[Excerpts from a dataset]
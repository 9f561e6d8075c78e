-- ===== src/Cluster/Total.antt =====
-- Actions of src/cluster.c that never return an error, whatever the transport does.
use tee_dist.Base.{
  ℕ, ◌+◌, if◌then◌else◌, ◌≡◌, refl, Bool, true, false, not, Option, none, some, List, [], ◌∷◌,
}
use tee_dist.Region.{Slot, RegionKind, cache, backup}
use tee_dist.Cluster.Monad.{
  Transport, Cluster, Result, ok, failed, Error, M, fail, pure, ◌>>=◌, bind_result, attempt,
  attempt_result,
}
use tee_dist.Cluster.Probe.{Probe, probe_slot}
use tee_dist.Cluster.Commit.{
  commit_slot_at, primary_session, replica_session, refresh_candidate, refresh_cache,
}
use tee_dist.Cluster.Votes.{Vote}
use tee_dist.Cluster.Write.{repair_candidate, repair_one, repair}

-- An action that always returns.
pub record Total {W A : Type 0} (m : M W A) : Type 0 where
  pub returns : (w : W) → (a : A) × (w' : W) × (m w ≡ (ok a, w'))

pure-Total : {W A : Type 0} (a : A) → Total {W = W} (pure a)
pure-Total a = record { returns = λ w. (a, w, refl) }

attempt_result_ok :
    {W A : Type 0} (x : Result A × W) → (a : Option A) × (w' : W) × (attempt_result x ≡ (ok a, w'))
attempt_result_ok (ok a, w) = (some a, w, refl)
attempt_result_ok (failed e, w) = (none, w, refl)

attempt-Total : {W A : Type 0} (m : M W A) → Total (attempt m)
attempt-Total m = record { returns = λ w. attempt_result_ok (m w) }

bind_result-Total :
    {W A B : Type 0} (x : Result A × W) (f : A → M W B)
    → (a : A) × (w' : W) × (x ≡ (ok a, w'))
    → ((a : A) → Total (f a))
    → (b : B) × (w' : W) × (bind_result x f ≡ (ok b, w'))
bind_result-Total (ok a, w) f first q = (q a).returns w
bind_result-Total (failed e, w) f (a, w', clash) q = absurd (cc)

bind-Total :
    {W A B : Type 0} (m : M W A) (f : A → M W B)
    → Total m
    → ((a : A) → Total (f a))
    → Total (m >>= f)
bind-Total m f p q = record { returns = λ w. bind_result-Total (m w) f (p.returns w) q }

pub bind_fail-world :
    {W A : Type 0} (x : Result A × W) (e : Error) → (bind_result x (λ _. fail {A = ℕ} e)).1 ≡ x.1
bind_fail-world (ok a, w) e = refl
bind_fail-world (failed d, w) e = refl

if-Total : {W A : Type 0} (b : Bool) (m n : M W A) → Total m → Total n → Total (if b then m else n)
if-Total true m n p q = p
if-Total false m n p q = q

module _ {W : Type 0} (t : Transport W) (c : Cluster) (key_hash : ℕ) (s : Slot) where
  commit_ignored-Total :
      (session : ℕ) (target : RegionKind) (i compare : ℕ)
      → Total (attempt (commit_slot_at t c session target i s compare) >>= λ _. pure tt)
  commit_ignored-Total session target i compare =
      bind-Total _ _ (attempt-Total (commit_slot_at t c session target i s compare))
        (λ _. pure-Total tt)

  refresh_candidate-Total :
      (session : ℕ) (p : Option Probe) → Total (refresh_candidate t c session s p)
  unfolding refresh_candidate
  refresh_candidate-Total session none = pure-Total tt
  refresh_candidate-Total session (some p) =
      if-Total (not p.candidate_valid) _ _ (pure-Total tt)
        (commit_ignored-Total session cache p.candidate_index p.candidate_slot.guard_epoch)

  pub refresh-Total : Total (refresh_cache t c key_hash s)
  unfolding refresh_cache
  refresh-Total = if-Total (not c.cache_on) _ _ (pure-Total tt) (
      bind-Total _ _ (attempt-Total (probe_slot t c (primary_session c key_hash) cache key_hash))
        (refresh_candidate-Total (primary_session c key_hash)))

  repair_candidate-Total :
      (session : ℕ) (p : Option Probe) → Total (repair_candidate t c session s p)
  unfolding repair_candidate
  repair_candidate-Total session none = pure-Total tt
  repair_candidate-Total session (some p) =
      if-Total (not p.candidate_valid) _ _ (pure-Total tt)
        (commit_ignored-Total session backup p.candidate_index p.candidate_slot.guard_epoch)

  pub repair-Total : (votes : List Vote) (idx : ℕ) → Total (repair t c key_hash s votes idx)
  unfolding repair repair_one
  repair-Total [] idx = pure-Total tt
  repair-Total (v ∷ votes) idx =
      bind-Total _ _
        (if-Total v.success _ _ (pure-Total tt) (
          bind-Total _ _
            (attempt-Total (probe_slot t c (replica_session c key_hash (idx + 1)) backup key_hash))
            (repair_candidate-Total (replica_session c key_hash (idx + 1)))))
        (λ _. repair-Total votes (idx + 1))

### TASK INSTRUCTIONS
Check each line in the records above for the word "failed". Return those that have it.

### EXERCISE RESPONSE
  Transport, Cluster, Result, ok, failed, Error, M, fail, pure, ◌>>=◌, bind_result, attempt,
attempt_result_ok (failed e, w) = (none, w, refl)
bind_result-Total (failed e, w) f (a, w', clash) q = absurd (cc)
bind_fail-world (failed d, w) e = refl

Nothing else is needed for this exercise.